Ich sah zu dem Licht an der Decke hoch, eine große gelbe Glühbirne hinter einem Metallgitter. Das Licht erinnerte mich an die endlose Folge von Western, die ich im Fernsehen gesehen hatte, nachdem wir in den Norden gezogen waren. Immer wenn sich jemand in der Wüste verirrte, zeigten sie bloß noch eine gleißende Sonne – die ganze Schönheit der Wüste wurde auf dieses eine Bild reduziert. Ich starrte auf die Gefängnisglühbirne, um nicht Zeugin meiner eigenen Erniedrigung sein zu müssen: Ich klinkte mich einfach aus.

Ich stand in der Wüste. Der Himmel hatte bunte Streifen. Jeder kleinste Lichtwechsel tauchte die Weite in einen anderen Farbton: lachsfarben, rosa, lavendel. Der Salbeigeruch war übermächtig. Noch bevor ich den Steinadler im Aufwind über mir dahingleiten sah, hörte ich ihn schreien, so deutlich, als wäre es aus meiner Kehle gekommen. Ich sehnte mich danach, mit dem Adler zu fliegen, aber ich fühlte mich mit der Erde verwurzelt. Die Berge kamen mir entgegen. Ich ging auf sie zu, auf der Suche nach Zuflucht, aber etwas hielt mich zurück.

„Verdammt!“ zischte Mulroney. „Dreht sie um! Ihre Fotze ist zu labbrig.“

„Ey, Lieutenant, wie kommt’s eigentlich, daß diese Scheiß-Bulldagger nicht mit Männern ficken, aber so große Mösen haben?“

„Frag doch mal deine Frau“, erwiderte Mulroney. Die anderen lachten.

Ich geriet in Panik. Ich versuchte, in die Wüste zurückzukehren, aber ich konnte die fließende Öffnung zwischen den Dimensionen nicht wiederfinden. Ein berstender Schmerz in meinem Körper katapultierte mich schließlich zurück.

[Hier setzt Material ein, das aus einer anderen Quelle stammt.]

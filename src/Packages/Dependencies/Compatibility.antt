-- ===== src/Packages/Dependencies/Compatibility.antt =====
-- src/plaik_core/dependencies.py, `resolve_install_order`: the graph that a resolution accepts.
use plaik.Prelude.{
  ◌≡◌, subst, fun_ext, ◌∙◌, String, Bool, true, false, ◌⊎◌, inl, inr, Option, none, some, List,
  arith, All, All-weaken, string_eq, Option-cases,
}
use plaik.Prelude.Dict.{lookup, values, All-lookup}
use plaik.Prelude.Results.{ok, Result-cases}
use plaik.Prelude.Sets.{each, All-each}
use plaik.Packages.Manifest.{PackageDependency, PackageConflict, PackageManifest, version_matches}
use plaik.Packages.Dependencies.{
  Packages, check_conflict, check_dependency, check_package, merge, resolve_install_order,
}
use plaik.Packages.Dependencies.Graph.{find, or_else}
use plaik.Packages.Dependencies.Resolution.{resolve-Resolved, collect-Prepared}

module _ (satisfies : String → String → Bool) where
  -- A dependency is met by a package, or is optional and met by none.
  abbrev pub IsMet : (String → Option PackageManifest) → PackageDependency → Type 0
  IsMet packages d =
      ((t : PackageManifest) × (packages d.package_id ≡ some t)
        × (version_matches satisfies t.version d.version ≡ true))
      ⊎ ((packages d.package_id ≡ none) × (d.optional ≡ true))

  abbrev pub IsAbsent : (String → Option PackageManifest) → PackageConflict → Type 0
  IsAbsent packages c =
      (t : PackageManifest)
      → packages c.package_id ≡ some t
      → version_matches satisfies t.version c.version ≡ false

  pub record IsCompatible (core_version : String) (packages : String → Option PackageManifest)
      (m : PackageManifest) : Type 0 where
    pub core : version_matches satisfies core_version m.core ≡ true
    pub conflicts : All (IsAbsent packages) m.conflicts
    pub dependencies : All (IsMet packages) m.dependencies

  check_dependency-IsMet :
      (all : Packages) (d : PackageDependency)
      → check_dependency satisfies all d ≡ ok tt
      → IsMet (λ k. lookup k all) d
  unfolding check_dependency
  check_dependency-IsMet all d h = elim (Option-cases (lookup d.package_id all)) [
    | inl e ↦ inr (e, ground (arith, e, h))
    | inr (t, e) ↦ inl (t, e, ground (arith, e, h))
  ]

  check_conflict-IsAbsent :
      (all : Packages) (c : PackageConflict)
      → check_conflict satisfies all c ≡ ok tt
      → IsAbsent (λ k. lookup k all) c
  unfolding check_conflict
  check_conflict-IsAbsent all c h t e = ground (arith, e, h)

  check_package-IsCompatible :
      (core_version : String) (all : Packages) (m : PackageManifest)
      → check_package satisfies core_version all m ≡ ok tt
      → IsCompatible core_version (λ k. lookup k all) m
  unfolding check_package
  check_package-IsCompatible core_version all m h =
      elim (Result-cases (each (check_conflict satisfies all) m.conflicts)) [
        | inr (x, e) ↦ absurd (ground (arith, e, h))
        | inl (u, e) ↦ record {
          core = ground (arith, e, h);
          conflicts =
              All-weaken (λ c. check_conflict satisfies all c ≡ ok tt)
                (IsAbsent (λ k. lookup k all)) (check_conflict-IsAbsent all) m.conflicts
                (All-each (check_conflict satisfies all) m.conflicts e);
          dependencies =
              All-weaken (λ d. check_dependency satisfies all d ≡ ok tt) (IsMet (λ k. lookup k all))
                (check_dependency-IsMet all) m.dependencies
                (All-each (check_dependency satisfies all) m.dependencies (ground (arith, e, h)));
        }
      ]

  -- After a resolution that returned, every package that would be there, requested or installed, and
  -- the requested one where both are, is compatible with the Core, with the packages that it depends
  -- on and with those that it conflicts with, among the same packages.
  pub resolve_install_order-IsCompatible :
      (core_version : String) (manifests : List PackageManifest) (installed : Packages)
      (order : List PackageManifest) (k : String) (m : PackageManifest)
      → resolve_install_order satisfies manifests core_version installed ≡ ok order
      → or_else (find k manifests) (lookup k installed) ≡ some m
      → IsCompatible core_version (λ j. or_else (find j manifests) (lookup j installed)) m
  resolve_install_order-IsCompatible core_version manifests installed order k m h e =
      let r = resolve-Resolved satisfies core_version manifests installed order h in
      let all = merge installed r.candidates in
      let p = collect-Prepared manifests installed r.candidates r.collected in
      let same : (λ (j : String). lookup j all)
          ≡ (λ j. or_else (find j manifests) (lookup j installed)) =
        fun_ext p.graph in
      subst (λ (f : String → Option PackageManifest). IsCompatible core_version f m) same
        (check_package-IsCompatible core_version all m (
          All-lookup (λ n. check_package satisfies core_version all n ≡ ok tt) k all m
            (All-each (check_package satisfies core_version all) (values all) r.checked)
            (p.graph k ∙ e)))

Ich stand wieder in der Wüste, aber diesmal hatte sich der Sand abgekühlt. Der Himmel war bewölkt; ein Sturm drohte. Die schwüle Luft war unerträglich. Ich konnte nur schwer atmen. In der Ferne hörte ich wieder den Adler schreien. Der Himmel wurde so dunkel wie die Berge. Der Wind blies mir durchs Haar.

Ich schloß die Augen und wandte mein Gesicht dem Wüstenhimmel zu. Und dann, endlich, die Erlösung: Ein warmer Regen brachte meinen Wangen die ersehnte Erleichterung.